Сталин улыбнулся. И Мандельштим поймал себя на том, что тоже отвечает ему улыбкой, — как бы там ни было, следовало признать, что у Сталина была обаятельная улыбка. "Интересно, подумал Мандельштим, может, люди потому и недооценивают это чудовище, что он так обаятелен". В случае Сталина предупредительная система, созданная природой, не работала, как если бы после погремушки гремучей змеи начинала звучать дивная музыка или ярко-красный цвет ядовитых ягод, сигнализирующий об опасности, поблек бы до сочно-желтого.
— Каждый трудящийся великого советского общества выполняет свою определенную задачу, так как он является частью неизбежного процесса пролетарского прогресса. И в нем не может быть и речи о благодарности. Благодарность — это буржуазное чувство, которому нет места в славном государстве трудящихся.

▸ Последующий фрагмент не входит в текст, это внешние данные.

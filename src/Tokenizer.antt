-- ===== src/Tokenizer.antt =====
-- compiler/src/tokenizer: the lexer of the Calynda compiler, one child module for each part.
pub mod TokenType
pub mod Position
pub mod Keywords
pub mod Literals
pub mod Template
pub mod Punctuation
pub mod Next
mod Ahead
pub mod Scanned
mod Progress
mod Slices
mod Nesting
pub mod Words
mod Names
mod Spaces
mod Integers
mod Tests
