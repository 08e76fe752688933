-- ===== src/Tokenizer/Ahead.antt =====
-- Positions that the lexer reaches from another one by steps over characters of the text, never over
-- the NUL that ends it.
use calynda_for_wii.Base.{
  refl, ◌<◌, ◌≤◌, length, ◌+◌, ℕ, suc, Bool, true, false, [], ◌∷◌, ◌≡◌, ap, arith, ◌==◌, if_elim,
  Bytes, tail,
}
use calynda_for_wii.Tokenizer.Position.{
  first_byte, peek_next, advance_while, Position, is_at_end, peek, advance_char, advance_run,
}

-- `Ahead q p`: from `p` to `q`.
pub data Ahead (q : Position) : Position → Type 0 where
  here : Ahead q q
  more : {p : Position} → is_at_end p ≡ false → Ahead q (advance_char p) → Ahead q p

pub step : {p : Position} → is_at_end p ≡ false → Ahead (advance_char p) p
step h = more h here

pub Ahead-trans : {q r p : Position} → Ahead r q → Ahead q p → Ahead r p
Ahead-trans a here = a
Ahead-trans a (more h b) = more h (Ahead-trans a b)

-- Behind a character that is not NUL.
pub step_at : {p : Position} (c : ℕ) → (peek p == suc c) ≡ true → Ahead (advance_char p) p
unfolding peek is_at_end
step_at c h = more (ground arith) here

pub advance_run-Ahead :
    (test : ℕ → Bool) (bs : Bytes) {p : Position} → p.bytes ≡ bs → Ahead (advance_run test bs p) p
unfolding advance_run advance_char is_at_end
advance_run-Ahead test [] e = here
advance_run-Ahead test (c ∷ cs) {p} e =
    if_elim (λ r. Ahead r p) _ (λ h. more (ground arith) (advance_run-Ahead test cs (ap tail e)))
      (λ _. here)

-- The rest of the text shrinks by what the offset grows: no step leaves the text.
pub Ahead-length :
    {q p : Position}
    → Ahead q p
    → (q.offset + length q.bytes ≡ p.offset + length p.bytes) × (p.offset ≤ q.offset)
unfolding is_at_end advance_char
Ahead-length here = omega arith
Ahead-length (more {p} h a) = ground (arith, Ahead-length a)

-- A loop that consumes a character in each round has fewer bytes in front of it each time.
pub Ahead-shorter :
    (p q : Position)
    → is_at_end p ≡ false
    → Ahead q (advance_char p)
    → length q.bytes < length p.bytes
unfolding is_at_end advance_char
Ahead-shorter p q h a = ground (arith, Ahead-length a)

pub Ahead-refl : (p : Position) → Ahead p p
Ahead-refl p = here

module _ (start : Position) where
  pub step-Ahead :
      (p : Position) → is_at_end p ≡ false → Ahead p start → Ahead (advance_char p) start
  step-Ahead p h a = Ahead-trans (step h) a

  pub advance_while-Ahead :
      (test : ℕ → Bool) (p : Position) → Ahead p start → Ahead (advance_while test p) start
  advance_while-Ahead test p a = Ahead-trans (advance_run-Ahead test _ refl) a

-- A look at a character tells whether the text ends there.
pub is_at_end-peek : (p : Position) → is_at_end p ≡ (peek p == 0)
unfolding is_at_end peek
is_at_end-peek p = refl

pub is_at_end-peek_next :
    (p : Position) → is_at_end p ≡ false → is_at_end (advance_char p) ≡ (peek_next p == 0)
unfolding is_at_end peek_next advance_char
is_at_end-peek_next p h = ground arith

-- A run that takes its first character is ahead of the position behind it.
advance_run_first :
    (test : ℕ → Bool) (bs : Bytes) (p : Position)
    → p.bytes ≡ bs
    → is_at_end p ≡ false
    → test (peek p) ≡ true
    → Ahead (advance_run test bs p) (advance_char p)
unfolding advance_run is_at_end peek advance_char
advance_run_first test [] p e h t = ground arith
advance_run_first test (c ∷ cs) p e h t =
    ground (arith, advance_run-Ahead test cs {p = advance_char p} (ap tail e), ap first_byte e)

pub advance_while_first :
    (test : ℕ → Bool) (p : Position)
    → is_at_end p ≡ false
    → test (peek p) ≡ true
    → Ahead (advance_while test p) (advance_char p)
advance_while_first test p h t = advance_run_first test p.bytes p refl h t
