-- ===== src/Tokenizer/Integers.antt =====
-- compiler/src/tokenizer/tokenizer_literals.c: decimal integers.
use calynda_for_wii.Tokenizer.Punctuation.{with_position}
use calynda_for_wii.Base.{
  ◌∙◌, ◌∙◌, length, All, some, ◌||◌, ◌==◌, Bytes, ◌≡◌, ℕ, suc, ◌+◌, ◌++◌, [], ◌∷◌, refl, ap, tail,
  true, false, arith,
}
use calynda_for_wii.Tokenizer.Keywords.{is_identifier_byte}
use calynda_for_wii.Tokenizer.Literals.{scan_number, scan_decimal, scan_exponent}
use calynda_for_wii.Tokenizer.Next.{
  advance_tokenizer, is_space, tokenizer_next, scan_token, resumes_template,
}
use calynda_for_wii.Tokenizer.Position.{
  Position, Tokenizer, peek, is_at_end, is_digit, is_alpha, is_alnum, advance_char, advance_run,
  make_token, first_byte,
}
use calynda_for_wii.Tokenizer.TokenType.{tok_int_lit}
use calynda_for_wii.Tokenizer.Words.{skip_bare, behind_first}

-- A decimal integer as the lexer sees it: digits, then a byte that is no point and does not belong to
-- a word.
pub record IsDecimal (c : ℕ) (w rest : Bytes) : Type 0 where
  pub first_ok : is_digit c ≡ true
  pub all_ok : All (λ d. is_digit d ≡ true) w
  pub stops : is_identifier_byte (first_byte rest) ≡ false
  pub no_point : (first_byte rest == b'.') ≡ false

-- A run takes all of `w`, and stops in front of a byte that is no digit.
run_digits :
    (w rest : Bytes) (p : Position)
    → p.bytes ≡ w ++ rest
    → All (λ c. is_digit c ≡ true) w
    → is_digit (first_byte rest) ≡ false
    → (q : Position) × (advance_run is_digit (w ++ rest) p ≡ q)
      × (q.bytes ≡ rest)
      × (q.offset ≡ p.offset + length w)
unfolding advance_run advance_char is_digit
run_digits [] [] p e all stop = (p, ground arith, e, omega arith)
run_digits [] (c ∷ rest) p e all stop = (p, ground arith, e, omega arith)
run_digits (c ∷ w) rest p e all stop =
    let (q, r, b, o) = run_digits w rest (advance_char p) (ap tail e) all.1 stop in
    (q, ground arith, b, omega arith)

-- Neither a radix nor an exponent begins with such a byte.
abbrev IsPlain : ℕ → Type 0
IsPlain b =
    ((b == b'b' || b == b'B') ≡ false)
    × ((b == b'o' || b == b'O') ≡ false)
    × ((b == b'x' || b == b'X') ≡ false)
    × ((b == b'e' || b == b'E') ≡ false)

digit-IsPlain : (b : ℕ) → is_digit b ≡ true → IsPlain b
unfolding is_digit
digit-IsPlain b h = (ground arith, ground arith, ground arith, ground arith)

stop-IsPlain : (b : ℕ) → is_identifier_byte b ≡ false → IsPlain b × (is_digit b ≡ false)
unfolding is_identifier_byte is_alnum is_alpha is_digit
stop-IsPlain b h = ((ground arith, ground arith, ground arith, ground arith), ground arith)

next-IsPlain : (c : ℕ) (w rest : Bytes) → IsDecimal c w rest → IsPlain (first_byte (w ++ rest))
next-IsPlain c [] rest h = (stop-IsPlain (first_byte rest) h.stops).0
next-IsPlain c (d ∷ w) rest h = digit-IsPlain d h.all_ok.0

scan_number-scan_decimal :
    (start p : Position) → IsPlain (peek p) → scan_number start p ≡ scan_decimal start p
unfolding scan_number
scan_number-scan_decimal start p h = ground arith

scan_decimal_plain :
    (start p q : Position)
    → advance_run is_digit p.bytes p ≡ q
    → (peek q == b'.') ≡ false
    → (peek q == b'e' || peek q == b'E') ≡ false
    → scan_decimal start p ≡ (q, make_token q tok_int_lit start)
unfolding scan_decimal scan_exponent
scan_decimal_plain start p q r h k = rw r (ground arith)

scan_token_number :
    (t : Tokenizer)
    → is_digit (peek t.position) ≡ true
    → scan_token t
      ≡ some
          (with_position (advance_tokenizer t) (scan_number t.position (advance_char t.position)))
unfolding scan_token resumes_template is_at_end peek is_digit is_alpha
scan_token_number t h = ground arith

digit_first : (c : ℕ) → is_digit c ≡ true → (is_space c ≡ false) × ((c == b'/') ≡ false)
unfolding is_digit is_space
digit_first c h = (ground arith, ground arith)

-- A decimal integer in front of a byte that is no point and cannot belong to a word is read as one
-- token of an integer literal: the lexer takes all of its digits.
pub tokenizer_next_decimal :
    (t : Tokenizer) (c : ℕ) (w rest : Bytes)
    → t.position.bytes ≡ c ∷ (w ++ rest)
    → IsDecimal c w rest
    → (u : Tokenizer) × (tokenizer_next t ≡ some (u, make_token u.position tok_int_lit t.position))
      × (u.position.bytes ≡ rest)
      × (u.position.offset ≡ t.position.offset + suc (length w))
unfolding tokenizer_next
tokenizer_next_decimal t c w rest e h =
    let p = t.position in
    let first : peek p ≡ c = unfold peek in ap first_byte e in
    let digit : is_digit (peek p) ≡ true = rw first h.first_ok in
    let (plain, no_digit) = stop-IsPlain (first_byte rest) h.stops in
    let (here, behind) = behind_first c w rest p e in
    let (q, run, rest_is, o) = run_digits w rest (advance_char p) here h.all_ok no_digit in
    let run' : advance_run is_digit (advance_char p).bytes (advance_char p) ≡ q =
      ap (λ bs. advance_run is_digit bs (advance_char p)) here ∙ run in
    let next : peek (advance_char p) ≡ first_byte (w ++ rest) = unfold peek in ap first_byte here in
    let behind_q : peek q ≡ first_byte rest = unfold peek in ap first_byte rest_is in
    let number =
      scan_number-scan_decimal p (advance_char p) (rw next (next-IsPlain c w rest h))
      ∙ scan_decimal_plain p (advance_char p) q run' (rw behind_q h.no_point)
          (rw behind_q plain.3) in
    (
      record t { position = q },
      rw (skip_bare p (digit_first (peek p) digit).0 (digit_first (peek p) digit).1)
          (scan_token_number t digit ∙ rw number refl),
      rest_is,
      omega (arith, o, behind),
    )
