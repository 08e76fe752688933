-- ===== src/Tokenizer/Names.antt =====
-- compiler/src/tokenizer/tokenizer.c: the names of the token types.
use text.Mathlib.Text.{◌==◌ as str_eq}
use calynda_for_wii.Base.{String, Option, some, none, List, [], ◌∷◌, ◌≡◌, refl, if◌then◌else◌}
use calynda_for_wii.Tokenizer.TokenType.{
  TokenType, token_type_name, tok_eof, tok_error, tok_int_lit, tok_float_lit, tok_char_lit,
  tok_string_lit, tok_template_start, tok_template_middle, tok_template_end, tok_template_full,
  tok_identifier, tok_package, tok_import, tok_start, tok_boot, tok_extern, tok_var, tok_public,
  tok_private, tok_final, tok_void, tok_return, tok_exit, tok_throw, tok_true, tok_false, tok_null,
  tok_export, tok_as, tok_internal, tok_static, tok_union, tok_manual, tok_arr, tok_malloc,
  tok_calloc, tok_realloc, tok_free, tok_int8, tok_int16, tok_int32, tok_int64, tok_uint8,
  tok_uint16, tok_uint32, tok_uint64, tok_float32, tok_float64, tok_bool, tok_char, tok_string,
  tok_byte, tok_sbyte, tok_short, tok_int, tok_long, tok_ulong, tok_uint, tok_float, tok_double,
  tok_lparen, tok_rparen, tok_lbrace, tok_rbrace, tok_lbracket, tok_rbracket, tok_semicolon,
  tok_comma, tok_dot, tok_ellipsis, tok_arrow, tok_question, tok_colon, tok_underscore,
  tok_dollar_lbrace, tok_assign, tok_plus_assign, tok_minus_assign, tok_star_assign,
  tok_slash_assign, tok_percent_assign, tok_amp_assign, tok_pipe_assign, tok_caret_assign,
  tok_lshift_assign, tok_rshift_assign, tok_eq, tok_neq, tok_lt, tok_gt, tok_lte, tok_gte,
  tok_logic_or, tok_logic_and, tok_pipe, tok_amp, tok_caret, tok_tilde, tok_tilde_amp,
  tok_tilde_caret, tok_lshift, tok_rshift, tok_plus, tok_plus_plus, tok_minus, tok_minus_minus,
  tok_star, tok_slash, tok_percent, tok_bang, tok_component, tok_signal, tok_count,
}

-- Every enumerator, in the order of the source.
abbrev token_types : List TokenType
token_types =
    tok_eof ∷ tok_error ∷ tok_int_lit ∷ tok_float_lit ∷ tok_char_lit ∷ tok_string_lit
    ∷ tok_template_start ∷ tok_template_middle ∷ tok_template_end ∷ tok_template_full
    ∷ tok_identifier ∷ tok_package ∷ tok_import ∷ tok_start ∷ tok_boot ∷ tok_extern ∷ tok_var
    ∷ tok_public ∷ tok_private ∷ tok_final ∷ tok_void ∷ tok_return ∷ tok_exit ∷ tok_throw ∷ tok_true
    ∷ tok_false ∷ tok_null ∷ tok_export ∷ tok_as ∷ tok_internal ∷ tok_static ∷ tok_union
    ∷ tok_manual ∷ tok_arr ∷ tok_malloc ∷ tok_calloc ∷ tok_realloc ∷ tok_free ∷ tok_int8 ∷ tok_int16
    ∷ tok_int32 ∷ tok_int64 ∷ tok_uint8 ∷ tok_uint16 ∷ tok_uint32 ∷ tok_uint64 ∷ tok_float32
    ∷ tok_float64 ∷ tok_bool ∷ tok_char ∷ tok_string ∷ tok_byte ∷ tok_sbyte ∷ tok_short ∷ tok_int
    ∷ tok_long ∷ tok_ulong ∷ tok_uint ∷ tok_float ∷ tok_double ∷ tok_lparen ∷ tok_rparen
    ∷ tok_lbrace ∷ tok_rbrace ∷ tok_lbracket ∷ tok_rbracket ∷ tok_semicolon ∷ tok_comma ∷ tok_dot
    ∷ tok_ellipsis ∷ tok_arrow ∷ tok_question ∷ tok_colon ∷ tok_underscore ∷ tok_dollar_lbrace
    ∷ tok_assign ∷ tok_plus_assign ∷ tok_minus_assign ∷ tok_star_assign ∷ tok_slash_assign
    ∷ tok_percent_assign ∷ tok_amp_assign ∷ tok_pipe_assign ∷ tok_caret_assign ∷ tok_lshift_assign
    ∷ tok_rshift_assign ∷ tok_eq ∷ tok_neq ∷ tok_lt ∷ tok_gt ∷ tok_lte ∷ tok_gte ∷ tok_logic_or
    ∷ tok_logic_and ∷ tok_pipe ∷ tok_amp ∷ tok_caret ∷ tok_tilde ∷ tok_tilde_amp ∷ tok_tilde_caret
    ∷ tok_lshift ∷ tok_rshift ∷ tok_plus ∷ tok_plus_plus ∷ tok_minus ∷ tok_minus_minus ∷ tok_star
    ∷ tok_slash ∷ tok_percent ∷ tok_bang ∷ tok_component ∷ tok_signal ∷ tok_count ∷ []

-- The first enumerator with this name.
pub named : List TokenType → String → Option TokenType
named [] name = none
named (x ∷ xs) name = if str_eq (token_type_name x) name then some x else named xs name

-- No two enumerators share a name: the name of each leads back to it alone.
named-token_type_name : (x : TokenType) → named token_types (token_type_name x) ≡ some x
unfolding named token_type_name
named-token_type_name tok_eof = refl
named-token_type_name _ = refl
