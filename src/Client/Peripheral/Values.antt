-- ===== src/Client/Peripheral/Values.antt =====
-- Reading a value: the command of the client, the helper between it and the library, and the answer.
use bluepy.Client.Parse.Plain.{plain-IsCleanText}
use bluepy.Client.Peripheral.Lines.{lookup-resp_of, reply-line}
use bluepy.Client.Parse.{PyValue}
use bluepy.Gatt.Exchange.{cmd_read_hnd-show_hex}
use bluepy.Protocol.Wire.{bytes}
use bluepy.Client.Peripheral.Queue.{IsPassed}
use bluepy.Common.Hex.{show_hex}
use bluepy.Common.Hex.Digits.{All}
use bluepy.Protocol.{tag_data, rsp_read}
use bluepy.Protocol.Responses.{
  Finishes-end, Sends-data, Finishes->>, Prints-response, line, field, Prints,
}
use bluepy.Gatt.Reports.{unless_error}
use bluepy.World.{printed_text, Event, ret, connected, on_option, World, Env}
use bluepy.Gatt.Read.{char_read_cb, report_value}
use bluepy.Client.Peripheral.{fetched, read_command, with_key, read_characteristic}
use bluepy.Commands.{commands, find_command, run, run_words, parse_line}
use bluepy.Common.{refl, ◌<◌, some, ◌++◌, ◌≡◌, codes, List, Text, ℕ, [], ◌∷◌}

report_value-line :
    (value : Text) → Prints (report_value value) rsp_read (field tag_data (bytes value) ∷ [])
unfolding report_value
report_value-line value = Prints-response rsp_read (Finishes->> (Sends-data value) Finishes-end)

char_read_cb-line :
    (env : Env) (pdu value : Text)
    → env.dec_read_resp pdu ≡ some value
    → Prints (char_read_cb env 0 pdu) rsp_read (field tag_data (bytes value) ∷ [])
unfolding char_read_cb unless_error on_option
char_read_cb-line env pdu value d = rw d (report_value-line value)

-- The text of `read_command` without its newline.
abbrev pub read_words : ℕ → Text
read_words handle = codes "rd " ++ show_hex handle

parse_line-read :
    (env : Env) (n : ℕ) (w : World)
    → w.conn_state ≡ connected
    → n < 65536
    → env.strstrip (read_command n) ≡ read_words n
    → env.shell_parse_argv (read_words n) ≡ some (codes "rd" ∷ show_hex n ∷ [])
    → parse_line env (read_command n) w
      ≡ ret tt (record w { trace = Event.read_char w.attrib n ∷ w.trace })
unfolding parse_line run_words run on_option find_command commands
parse_line-read env n w c h strip words =
    rw (parse_line, strip, run_words, words) (cmd_read_hnd-show_hex (codes "rd") n w c h)

read_characteristic-line :
    (value : Text) (before after : List Text)
    → All (λ b. b < 256) value
    → All (IsPassed (rsp_read ∷ [])) before
    → read_characteristic (before ++ (line rsp_read (field tag_data (bytes value) ∷ []) ∷ after))
      ≡ fetched (PyValue.bytes value)
unfolding read_characteristic with_key
read_characteristic-line value before after small passed = rw (
  read_characteristic,
  reply-line rsp_read (field tag_data (bytes value) ∷ []) before after
      (plain-IsCleanText rsp_read refl) refl ((plain-IsCleanText tag_data refl, small), tt) passed,
  with_key,
  lookup-resp_of tag_data rsp_read (field tag_data (bytes value) ∷ []),
)

-- Reading a characteristic, from end to end. The helper is connected, the library's `strstrip` and
-- its splitting into words do to the command of the client what they are for, and it decodes the
-- answer of the peer to the bytes of a value. Then the command of the client makes one request, to
-- read the handle that the client gave; the callback for the answer, whatever the world has become,
-- returns with something printed; and of that, behind any lines that are passed over, the client
-- makes the bytes of the value.
pub read_characteristic-reads :
    (env : Env) (n : ℕ) (w v : World) (pdu value : Text) (before after : List Text)
    → w.conn_state ≡ connected
    → n < 65536
    → env.strstrip (read_command n) ≡ read_words n
    → env.shell_parse_argv (read_words n) ≡ some (codes "rd" ∷ show_hex n ∷ [])
    → env.dec_read_resp pdu ≡ some value
    → All (λ b. b < 256) value
    → All (IsPassed (rsp_read ∷ [])) before
    → (parse_line env (read_command n) w
        ≡ ret tt (record w { trace = Event.read_char w.attrib n ∷ w.trace }))
      × (es : List Event) × (char_read_cb env 0 pdu v ≡ ret tt (record v { trace = es ++ v.trace }))
      × (read_characteristic (before ++ (printed_text es ∷ after)) ≡ fetched (PyValue.bytes value))
read_characteristic-reads env n w v pdu value before after c h strip words d small passed =
    let (es, eq, shown, only) = (char_read_cb-line env pdu value d).emits v in
    (
      parse_line-read env n w c h strip words,
      es,
      eq,
      rw shown (read_characteristic-line value before after small passed),
    )
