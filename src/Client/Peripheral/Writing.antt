-- ===== src/Client/Peripheral/Writing.antt =====
-- Writing a value: the command of the client, the helper between it and the library, and the answer.
use bluepy.Gatt.Handle.RoundTrip.{strtohandle-show_hex}
use bluepy.Gatt.Exchange.{when_connected-allowed}
use bluepy.Client.Parse.Plain.{plain-IsCleanText}
use bluepy.Client.Peripheral.Lines.{reply-line, resp_of}
use bluepy.Client.Peripheral.Queue.{IsPassed}
use bluepy.Common.Hex.Digits.{All}
use bluepy.Client.Scanner.{b2a_hex}
use bluepy.Common.Hex.{show_hex}
use bluepy.Protocol.{rsp_write}
use bluepy.Common.Int.{pos, is_zero}
use bluepy.Protocol.Responses.{Finishes-end, Prints-response, Prints}
use bluepy.Gatt.Reports.{unless_error}
use bluepy.World.{printed_text, Event, ret, connected, steps, Buffer, on_option, World, Env}
use bluepy.Commands.{commands, find_command, run, run_words, parse_line}
use bluepy.Gatt.Write.{
  write_value, write_arg, cmd_char_write_common, report_written, cmd_char_write_rsp,
  char_write_req_cb,
}
use bluepy.Client.Peripheral.{fetched, write_command, write_characteristic}
use bluepy.Common.{
  ◌∙◌, ◌%◌, ◌==◌, gather, refl, some, length, arith, List, false, true, ◌++◌, ◌≡◌, codes, ◌<◌, Text,
  ℕ, [], ◌∷◌,
}

report_written-line : Prints report_written rsp_write []
unfolding report_written
report_written-line = Prints-response rsp_write Finishes-end

char_write_req_cb-line :
    (env : Env) (pdu : Text)
    → env.dec_write_resp pdu ≡ true
    → Prints (char_write_req_cb env 0 pdu) rsp_write []
unfolding char_write_req_cb unless_error
char_write_req_cb-line env pdu d = rw d report_written-line

pos-nonzero : (n : ℕ) → 0 < n → is_zero (pos n) ≡ false
pos-nonzero n h = ground arith

-- Connected, the command to write asks the library to write the bytes that the library has decoded.
cmd_char_write_rsp-writes :
    (env : Env) (name digits val : Text) (n : ℕ) (b : Buffer) (w : World)
    → w.conn_state ≡ connected
    → 0 < n
    → n < 65536
    → env.attr_data w.trace digits ≡ (length val, some b)
    → gather b.mem 0 (length val) ≡ val
    → 0 < length val
    → cmd_char_write_rsp env (name ∷ show_hex n ∷ digits ∷ []) w
      ≡ ret tt (record w {
        trace = Event.free (some b.addr) ∷ Event.write_char w.attrib n val ∷ w.trace;
      })
unfolding cmd_char_write_rsp cmd_char_write_common write_arg write_value steps
cmd_char_write_rsp-writes env name digits val n b w c low high d m some_bytes =
    let nonempty : (length val == 0) ≡ false = ground arith in
    let fits : n % 65536 ≡ n = omega arith in
    rw
      (
        when_connected-allowed,
        c,
        strtohandle-show_hex n (omega arith),
        pos-nonzero n low,
        d,
        nonempty,
        m,
        fits,
      )
      refl

-- The text of `write_command` without its newline.
abbrev pub write_words : ℕ → Text → Text
write_words handle val = codes "wrr" ++ codes " " ++ show_hex handle ++ codes " " ++ b2a_hex val

parse_line-write :
    (env : Env) (val : Text) (n : ℕ) (w : World)
    → env.strstrip (write_command true n val) ≡ write_words n val
    → env.shell_parse_argv (write_words n val) ≡ some (codes "wrr" ∷ show_hex n ∷ b2a_hex val ∷ [])
    → parse_line env (write_command true n val) w
      ≡ cmd_char_write_rsp env (codes "wrr" ∷ show_hex n ∷ b2a_hex val ∷ []) w
unfolding parse_line run_words run on_option find_command commands
parse_line-write env val n w strip words = rw (parse_line, strip, run_words, words) refl

-- Writing a characteristic with a response, from end to end. The helper is connected, the handle is
-- not 0, the library's `strstrip` and its splitting into words do to the command of the client what
-- they are for, and the library decodes the digits to the bytes of the value, of which there is one
-- at least. Then the command makes one request, to write these bytes to that handle, and frees the
-- decoded bytes; and where the library accepts the answer of the peer, the callback for it, whatever
-- the world has become, returns with something printed that ends the wait of the client, behind any
-- lines that are passed over, with the response to a write.
pub write_characteristic-writes :
    (env : Env) (n : ℕ) (w v : World) (b : Buffer) (pdu val : Text) (before after : List Text)
    → w.conn_state ≡ connected
    → 0 < n
    → n < 65536
    → env.strstrip (write_command true n val) ≡ write_words n val
    → env.shell_parse_argv (write_words n val) ≡ some (codes "wrr" ∷ show_hex n ∷ b2a_hex val ∷ [])
    → env.attr_data w.trace (b2a_hex val) ≡ (length val, some b)
    → gather b.mem 0 (length val) ≡ val
    → 0 < length val
    → env.dec_write_resp pdu ≡ true
    → All (IsPassed (rsp_write ∷ [])) before
    → (parse_line env (write_command true n val) w
        ≡ ret tt (record w {
          trace = Event.free (some b.addr) ∷ Event.write_char w.attrib n val ∷ w.trace;
        }))
      × (es : List Event) × (char_write_req_cb env 0 pdu v
          ≡ ret tt (record v { trace = es ++ v.trace }))
      × (write_characteristic (before ++ (printed_text es ∷ after))
          ≡ fetched (resp_of rsp_write []))
unfolding write_characteristic
write_characteristic-writes env n w v b pdu val before after c low high strip words d m some_bytes
      accepted passed =
    let (es, eq, shown, only) = (char_write_req_cb-line env pdu accepted).emits v in
    (
      parse_line-write env val n w strip words
          ∙ cmd_char_write_rsp-writes env (codes "wrr") (b2a_hex val) val n b w c low high d m
              some_bytes,
      es,
      eq,
      rw (
        shown,
        write_characteristic,
        reply-line rsp_write [] before after (plain-IsCleanText rsp_write refl) refl tt passed,
      ),
    )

В один из сеансов, месяца за два до этого, когда тревога диктатора достигла своего предела, Новгерод Мандельштим спросил Сталина:
— Коба, а зачем ты всех убиваешь?
Сталин задумался, сочтя этот вопрос достаточно серьезным и обоснованным.
— Потому что они угрожают тому положению, которое я занимаю, — наконец ответил он.
— А что в этом плохого? — поинтересовался психиатр.
— Только я могу быть гарантом продолжения революции.
— Но зачем это нужно? Люди живут в постоянном страхе, Иосиф, на Украине голодают миллионы, лагеря переполнены, охранники теряют человеческий облик.
— Но рано или поздно все исправится.
— Когда?
— Тогда, когда жизнь станет лучше.
И вот теперь, в день их последней встречи, Новгерод Мандельштим напомнил:
— Ты обещал отпустить меня в Америку, если мне удастся тебя вылечить.
И Сталин снова заразительно улыбнулся:
— Ты глубоко заглянул в мою душу, Новгерод Мандельштим. Неужто ты думаешь, что это возможно?
— Нет, не думаю. Так что же меня теперь ждет? Возвращение в лагерь?
— Нет.
— Так я и думал.
Его привязали к стене на залитом кровью дворе Лубянки. Когда во двор вошла расстрельная команда энкавэдэшников с длинными винтовками системы "Мосин-Наган" через плечо под командованием бездарного низкорослого сержанта, Новгерод Мандельштим начал говорить. Солдаты старались не слушать его; бессвязные речи приговоренных вызывали у них неловкое ощущение, потому что те говорили самые невероятные глупости.